Two types of surface buoys are used in the selected sites: Oceanor Wavescan at Athos, E1M3A and Pylos (figure 1, locations 1, 2, 7) and Oceanor SeaWatch at Kalamata, Lesvos, Mykonos, Petrokaravo, Santorini, Zakynthos and Skyros (figure 1, locations: 3, 4, 5, 6, 8, 9, 10). Wavescan buoyFootnote 1 is a metocean data collection buoy that provides wave height, wave direction and meteorological parameters, sea surface temperature, salinity and temperature profiles. It is the ideal buoy for deep-water measurements, remote locations and strong current conditions. The buoy can also be fitted with numerous other sensors, to satisfy the scientist’s specific configuration needs, such as oxygen, hydrocarbon, gamma radiation measurement and an optical sensor for algae detection. Seawatch buoyFootnote 2 is a multi-sensor wave directional data buoy capable of measuring wave height and direction, ocean current speed and direction, meteorological parameters, sea surface temperature, salinity and temperature and salinity profiles. As a vertically stabilised buoy with low pitch/roll motion, it is ideally suited for wave, current and wind measurements in shallow water depth up to 500 m. For water quality measurement, the buoy can be fitted with numerous other sensors, satisfying the customer’s specific configuration needs, such as oxygen, hydrocarbon, gamma radiation measurement and an optical sensor for algae detection.

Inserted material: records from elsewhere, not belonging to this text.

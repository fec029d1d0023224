-- ===== src/Text.antt =====
-- The functions of Go's `strings` package (and `sort.Strings`, `strconv`) that the program calls,
-- over the bytes of a string. A map of strings to nothing is a list with no repetition.
pub mod Order
pub mod Sets
pub mod Laws
pub mod Trim
pub mod Words
pub mod Ink
use mathlib.Core.List.{reverse}
use netflix_pbrd.Base.{
  ℕ, zero, suc, ◌+◌, ◌-◌, ◌*◌, ◌/◌, ◌%◌, Bool, true, false, ◌&&◌, ◌||◌, List, [], ◌∷◌, ◌++◌, Option,
  none, some, Text, length, take, drop, ltb, leb, ◌==◌, if◌then◌else◌,
}

unfoldable pub text_eq : Text → Text → Bool
text_eq [] [] = true
text_eq (x ∷ xs) (y ∷ ys) = x == y && text_eq xs ys
text_eq _ _ = false

unfoldable pub has_prefix : Text → Text → Bool
has_prefix s [] = true
has_prefix [] (p ∷ ps) = false
has_prefix (c ∷ s) (p ∷ ps) = c == p && has_prefix s ps

unfoldable pub has_suffix : Text → Text → Bool
unfolding text_eq
has_suffix s suffix =
    leb (length suffix) (length s) && text_eq (drop (length s - length suffix) s) suffix

unfoldable pub trim_prefix : Text → Text → Text
unfolding has_prefix
trim_prefix s prefix = if has_prefix s prefix then drop (length prefix) s else s

unfoldable pub trim_suffix : Text → Text → Text
unfolding has_suffix
trim_suffix s suffix = if has_suffix s suffix then take (length s - length suffix) s else s

-- `strings.Contains`, for a text and for one byte.
unfoldable pub contains_text : Text → Text → Bool
unfolding has_prefix
contains_text [] part = has_prefix [] part
contains_text (c ∷ s) part = has_prefix (c ∷ s) part || contains_text s part

unfoldable pub contains_byte : Text → ℕ → Bool
contains_byte [] b = false
contains_byte (c ∷ s) b = c == b || contains_byte s b

-- The text before the first `b`, and the text behind it if there is a `b`.
unfoldable pub cut : Text → ℕ → Text × Option Text
cut [] b = ([], none)
cut (c ∷ s) b = if c == b then ([], some s) else (c ∷ (cut s b).0, (cut s b).1)

-- White space of ASCII, and the width in bytes of a white space character (`unicode.IsSpace`) at
-- the head of a text, 0 if there is none.
abbrev ascii_space : ℕ → Bool
ascii_space c = leb 9 c && leb c 13 || c == 32

abbrev wide_space : ℕ → ℕ → ℕ → Bool
wide_space c d e =
    c == 0xE1 && d == 0x9A && e == 0x80
    || c == 0xE2 && d == 0x80 && (leb 0x80 e && leb e 0x8A || e == 0xA8 || e == 0xA9 || e == 0xAF)
    || c == 0xE2 && d == 0x81 && e == 0x9F
    || c == 0xE3 && d == 0x80 && e == 0x80

abbrev two_byte_space : ℕ → ℕ → Bool
two_byte_space c d = c == 0xC2 && (d == 0x85 || d == 0xA0)

unfoldable pub space_width : Text → ℕ
space_width [] = 0
space_width (c ∷ []) = if ascii_space c then 1 else 0
space_width (c ∷ d ∷ []) = if ascii_space c then 1 else if two_byte_space c d then 2 else 0
space_width (c ∷ d ∷ e ∷ s) =
    if ascii_space c then 1 else if two_byte_space c d then 2 else if wide_space c d e then 3 else 0

-- The same at the end of a text whose bytes are given in reverse.
unfoldable pub space_width_back : Text → ℕ
space_width_back [] = 0
space_width_back (c ∷ []) = if ascii_space c then 1 else 0
space_width_back (d ∷ c ∷ []) = if ascii_space d then 1 else if two_byte_space c d then 2 else 0
space_width_back (e ∷ d ∷ c ∷ s) =
    if ascii_space e then 1 else if two_byte_space d e then 2 else if wide_space c d e then 3 else 0

-- The first argument counts the bytes of a space that are still to be skipped.
unfoldable pub skip_spaces : (Text → ℕ) → ℕ → Text → Text
skip_spaces width k [] = []
skip_spaces width (suc k) (c ∷ s) = skip_spaces width k s
skip_spaces width zero (c ∷ s) =
    let rest = skip_spaces width (width (c ∷ s) - 1) s in if width (c ∷ s) == 0 then c ∷ s else rest

unfoldable pub trim_space : Text → Text
unfolding skip_spaces space_width space_width_back
trim_space s = reverse (skip_spaces space_width_back 0 (reverse (skip_spaces space_width 0 s)))

-- `strconv.Itoa` on a number below 1000, by its decimal digits (`net` prints octets alike).
unfoldable pub itoa : ℕ → Text
itoa n =
    if ltb n 10
    then (48 + n) ∷ []
    else if ltb n 100
    then (48 + n / 10) ∷ (48 + n % 10) ∷ []
    else (48 + n / 100) ∷ (48 + n / 10 % 10) ∷ (48 + n % 10) ∷ []

unfoldable pub join : List Text → Text → Text
join [] sep = []
join (x ∷ []) sep = x
join (x ∷ y ∷ xs) sep = x ++ (sep ++ join (y ∷ xs) sep)

-- Sets of texts, and `sort.Strings` (by bytes).
unfoldable pub contains : List Text → Text → Bool
unfolding text_eq
contains [] x = false
contains (y ∷ ys) x = text_eq y x || contains ys x

unfoldable pub set_add : Text → List Text → List Text
unfolding contains
set_add x set = if contains set x then set else x ∷ set

unfoldable pub text_lt : Text → Text → Bool
text_lt [] [] = false
text_lt [] (y ∷ ys) = true
text_lt (x ∷ xs) [] = false
text_lt (x ∷ xs) (y ∷ ys) = ltb x y || x == y && text_lt xs ys

unfoldable pub insert_sorted : Text → List Text → List Text
unfolding text_lt
insert_sorted x [] = x ∷ []
insert_sorted x (y ∷ ys) = if text_lt y x then y ∷ insert_sorted x ys else x ∷ y ∷ ys

unfoldable pub sort_strings : List Text → List Text
unfolding insert_sorted
sort_strings [] = []
sort_strings (x ∷ xs) = insert_sorted x (sort_strings xs)
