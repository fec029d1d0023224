-- ===== src/Net.antt =====
-- The parts of Go's `net` package that the program calls: `ParseIP`, `IP.To4`, `ParseCIDR`,
-- `IP.String` and `IPNet.String`. An `IP` is the list of its 4 or 16 bytes.
pub mod Bytes
pub mod RoundTrip
use Prim.Native.Nat.{min}
use netflix_pbrd.Base.{
  ℕ, zero, suc, ◌+◌, ◌-◌, ◌*◌, ◌/◌, ◌%◌, ◌^◌, Bool, true, false, not, ◌&&◌, ◌||◌, List, [], ◌∷◌,
  ◌++◌, Option, none, some, Text, length, take, drop, replicate, ltb, leb, ◌==◌, if◌then◌else◌,
  is_some, and_then, option_map,
}
use netflix_pbrd.Text.{text_eq, contains_byte, cut, itoa}

abbrev pub Ip : Type 0
Ip = List ℕ

pub record V4 : Type 0 where
  pub a : ℕ
  pub b : ℕ
  pub c : ℕ
  pub d : ℕ

abbrev pub is_digit : ℕ → Bool
is_digit c = leb 48 c && leb c 57

abbrev is_empty {ℓ} : {A : Type ℓ} → List A → Bool
is_empty [] = true
is_empty (_ ∷ _) = false

-- `netip.parseIPv4` from inside a field: its value, its digits so far and the fields before it.
unfoldable pub v4_fields : Text → ℕ → ℕ → List ℕ → Option (List ℕ)
v4_fields [] val digits fields = if ltb (length fields) 3 then none else some (fields ++ (val ∷ []))
v4_fields (c ∷ s) val digits fields =
    let more = v4_fields s (val * 10 + (c - 48)) (digits + 1) fields in
    let next = v4_fields s 0 0 (fields ++ (val ∷ [])) in
    if is_digit c
    then if digits == 1 && val == 0
      then none
      else if ltb 255 (val * 10 + (c - 48))
      then none
      else more
    else if c == b'.'
    then if digits == 0 || is_empty s then none else if length fields == 3 then none else next
    else none

unfoldable pub parse_v4 : Text → Option (List ℕ)
unfolding v4_fields
parse_v4 s = v4_fields s 0 0 []

abbrev hex_value : ℕ → Option ℕ
hex_value c =
    if is_digit c
    then some (c - 48)
    else if leb b'a' c && leb c b'f'
    then some (c - 87)
    else if leb b'A' c && leb c b'F'
    then some (c - 55)
    else none

-- One group of hex digits: its value, the number of its digits, and the text behind it.
unfoldable pub hex_group : Text → ℕ → ℕ → Option (ℕ × ℕ × Text)
hex_group [] acc off = some (acc, off, [])
hex_group (c ∷ s) acc off = elim (hex_value c) [
  | none ↦ some (acc, off, c ∷ s)
  | some d ↦
      let more = hex_group s (acc * 16 + d) (off + 1) in
      if ltb 3 off then none else if ltb 65535 (acc * 16 + d) then none else more
]

abbrev starts_with_dot : Text → Bool
starts_with_dot [] = false
starts_with_dot (c ∷ s) = c == b'.'

abbrev V6State : Type 0
V6State = List ℕ × Option ℕ × Text

-- What follows a group: the end, or a colon and more, or the ellipsis.
unfoldable pub after_group :
    (Text → List ℕ → Option ℕ → Option V6State) → Text → List ℕ → Option ℕ → Option V6State
after_group next [] ip ellipsis = some (ip, ellipsis, [])
after_group next (c ∷ []) ip ellipsis = none
after_group next (c ∷ d ∷ s) ip ellipsis =
    if not (c == b':')
    then none
    else if not (d == b':')
    then next (d ∷ s) ip ellipsis
    else if is_some ellipsis
    then none
    else if is_empty s
    then some (ip, some (length ip), [])
    else next s ip (some (length ip))

-- The groups that are left of the eight. A dot behind a group makes it the start of an embedded
-- IPv4 address.
unfoldable pub v6_groups : ℕ → Text → List ℕ → Option ℕ → Option V6State
unfolding hex_group after_group parse_v4
v6_groups zero s ip ellipsis = some (ip, ellipsis, s)
v6_groups (suc k) s ip ellipsis = elim (hex_group s 0 0) [
  | none ↦ none
  | some (acc, off, rest) ↦
      let more = after_group (v6_groups k) rest (ip ++ (acc / 256 ∷ acc % 256 ∷ [])) ellipsis in
      if off == 0
      then none
      else if not (starts_with_dot rest)
      then more
      else if not (is_some ellipsis) && not (length ip == 12)
      then none
      else if ltb 16 (length ip + 4)
      then none
      else option_map (λ quad. (ip ++ quad, ellipsis, [])) (parse_v4 s)
]

-- All text is used, and the ellipsis stands for at least one group of zeros.
unfoldable pub v6_finish : V6State → Option (List ℕ)
v6_finish (ip, ellipsis, (c ∷ s)) = none
v6_finish (ip, none, []) = if ltb (length ip) 16 then none else some ip
v6_finish (ip, some at, []) =
    if ltb (length ip) 16
    then some (take at ip ++ (replicate (16 - length ip) 0 ++ drop at ip))
    else none

unfoldable pub v6_start : Text → Option V6State
unfolding v6_groups
v6_start (b ∷ c ∷ s) =
    if b == b':' && c == b':'
    then if is_empty s then some ([], some 0, []) else v6_groups 8 s [] (some 0)
    else v6_groups 8 (b ∷ c ∷ s) [] none
v6_start s = v6_groups 8 s [] none

-- `netip.parseIPv6`. The callers refuse an address with a zone.
unfoldable pub parse_v6 : Text → Option (List ℕ)
unfolding contains_byte v6_start v6_finish
parse_v6 s = if contains_byte s b'%' then none else and_then (v6_start s) v6_finish

pub data Addr : Type 0 where
  v4 : List ℕ → Addr
  v6 : List ℕ → Addr

-- `netip.ParseAddr`: the first of the three marks decides.
unfoldable pub addr_by_mark : Text → Text → Option Addr
unfolding parse_v4 parse_v6
addr_by_mark whole [] = none
addr_by_mark whole (c ∷ s) =
    if c == b'.'
    then option_map v4 (parse_v4 whole)
    else if c == b':'
    then option_map v6 (parse_v6 whole)
    else if c == b'%'
    then none
    else addr_by_mark whole s

unfoldable pub parse_addr : Text → Option Addr
unfolding addr_by_mark
parse_addr s = addr_by_mark s s

abbrev pub v4_in_v6 : List ℕ
v4_in_v6 = replicate 10 0 ++ (255 ∷ 255 ∷ [])

abbrev pub as16 : Addr → Ip
as16 (v4 bytes) = v4_in_v6 ++ bytes
as16 (v6 bytes) = bytes

unfoldable pub parse_ip : Text → Option Ip
parse_ip s = option_map as16 (parse_addr s)

abbrev pub quad : List ℕ → Option V4
quad (a ∷ b ∷ c ∷ d ∷ []) = some (record { a = a; b = b; c = c; d = d })
quad _ = none

-- `IP.To4`
unfoldable pub to4 : Ip → Option V4
to4 ip =
    if length ip == 4
    then quad ip
    else if length ip == 16 && text_eq (take 12 ip) v4_in_v6
    then quad (drop 12 ip)
    else none

-- `IP.String` of an IPv4 address
unfoldable pub v4_text : V4 → Text
unfolding itoa
v4_text ip = itoa ip.a ++ (b'.' ∷ (itoa ip.b ++ (b'.' ∷ (itoa ip.c ++ (b'.' ∷ itoa ip.d)))))

-- A network: its masked address, and the two sizes of its mask (`Mask.Size`).
pub record IpNet : Type 0 where
  pub ip : Ip
  pub ones : ℕ
  pub bits : ℕ

-- A byte under the mask byte whose first `t` bits are set, and with the complement of it set.
abbrev pub mask_byte : ℕ → ℕ → ℕ
mask_byte t b = b / 2 ^ (8 - t) * 2 ^ (8 - t)

abbrev pub or_not_mask : ℕ → ℕ → ℕ
or_not_mask t b = mask_byte t b + (2 ^ (8 - t) - 1)

unfoldable pub mask_bytes : ℕ → List ℕ → List ℕ
mask_bytes ones [] = []
mask_bytes ones (b ∷ bs) = mask_byte (min ones 8) b ∷ mask_bytes (ones - 8) bs

-- `dtoi`, on a text that must be digits to its end
unfoldable pub dtoi : Text → ℕ → Option ℕ
dtoi [] n = some n
dtoi (c ∷ s) n =
    let more = dtoi s (n * 10 + (c - 48)) in
    if is_digit c then if leb 0xFFFFFF (n * 10 + (c - 48)) then none else more else none

unfoldable pub mask_size : Text → Option ℕ
unfolding dtoi
mask_size [] = none
mask_size (c ∷ s) = dtoi (c ∷ s) 0

unfoldable pub net_of : Addr → ℕ → Option (Ip × IpNet)
net_of (v4 bytes) n =
    if ltb 32 n
    then none
    else some (as16 (v4 bytes), record { ip = mask_bytes n bytes; ones = n; bits = 32 })
net_of (v6 bytes) n =
    if ltb 128 n
    then none
    else some (bytes, record { ip = mask_bytes n bytes; ones = n; bits = 128 })

abbrev pub cidr_parts : Text × Option Text → Option (Ip × IpNet)
cidr_parts (addr, none) = none
cidr_parts (addr, some mask) =
    and_then (parse_addr addr) (λ a. and_then (mask_size mask) (λ n. net_of a n))

unfoldable pub parse_cidr : Text → Option (Ip × IpNet)
parse_cidr s = cidr_parts (cut s b'/')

The data collection buoys used at the aforementioned sites are shown in figure 2. These buoys were instrumented to measure the air-pressure, air-temperature, wind speed and direction, wave height, period and direction, sea surface salinity and temperature, surface current speed and direction. The anemometer used in both types of buoys is the Young 04106 (four-blade propeller anemometer).

Figure 2
figure 2

Views of the Oceanor Wavescan (a) and Oceanor SeaWatch (b) instrumented buoys used at these stations.

The Aegean Sea, an arm of the Mediterranean Sea, is located between the Greek peninsula on the west and Asia Minor on the east, while the island of Crete can be taken as marking its boundary on the south. The Aegean is connected through the straits of the Dardanelles, the Sea of Marmara, and the Bosporus to the Black Sea. It contains more than 3000 islands, with Crete as its largest island and is considered as the home of the earliest European civilization. The Aegean Sea covers about 214,000 km2 in area, and measures about 610 km longitudinally and 300 km latitudinally. The sea’s maximum depth is 3543 m east of Crete. It also has a good connection to the Ionian Sea to the west, mainly, through the strait lying between the Peloponnese peninsula of Greece and Crete. The rocks making up the floor of the Aegean are mainly limestone, though often greatly altered by volcanic activity that has convulsed the region in relatively recent geologic times.

The Ionian Sea is also an arm of the Mediterranean Sea, south of the Adriatic Sea. It is bounded by southern Italy, including Calabria, Sicily and the Salento peninsula to the west, and by southwestern Albania and Greek peninsula to the east, containing a large number of Greek islands. It is connected with the Adriatic Sea to the north by the Strait of Taranto. The sea is one of the most seismic areas in the world.

North winds prevail in the Aegean Sea, although from the end of September to the end of May, during the mild winter season, these winds alternate with southwesterlies. The Etesians are the strong, dry north winds of the Aegean Sea, which blow from about mid-May to mid-September. The barometric conditions that cause these prevailing winds are the existence of both high barometric pressures over the central Balkans and low pressures over Turkey (Akdaǧ et al. 2010). During hot summer days, they are at their strongest in the afternoon and often die down at night, but sometimes these winds last for days without a break. Similar winds blow in the Adriatic and Ionian regions. In the northern Aegean Sea, the Etesians blow as winds of northeasterly to northerly direction. Moving south, in the central Aegean, they blow as winds of northerly direction, while, in the southern Aegean, the Cretan and the Carpathian Sea, they blow as northwesterlies. The same winds blow in Cyprus as westerlies to southwesterlies, being more humid (Incecik and Erdogmus, 1995; Poulos et al. 1997; Klaić et al. 2009; Borhan, 1998; Hamad et al. 2006).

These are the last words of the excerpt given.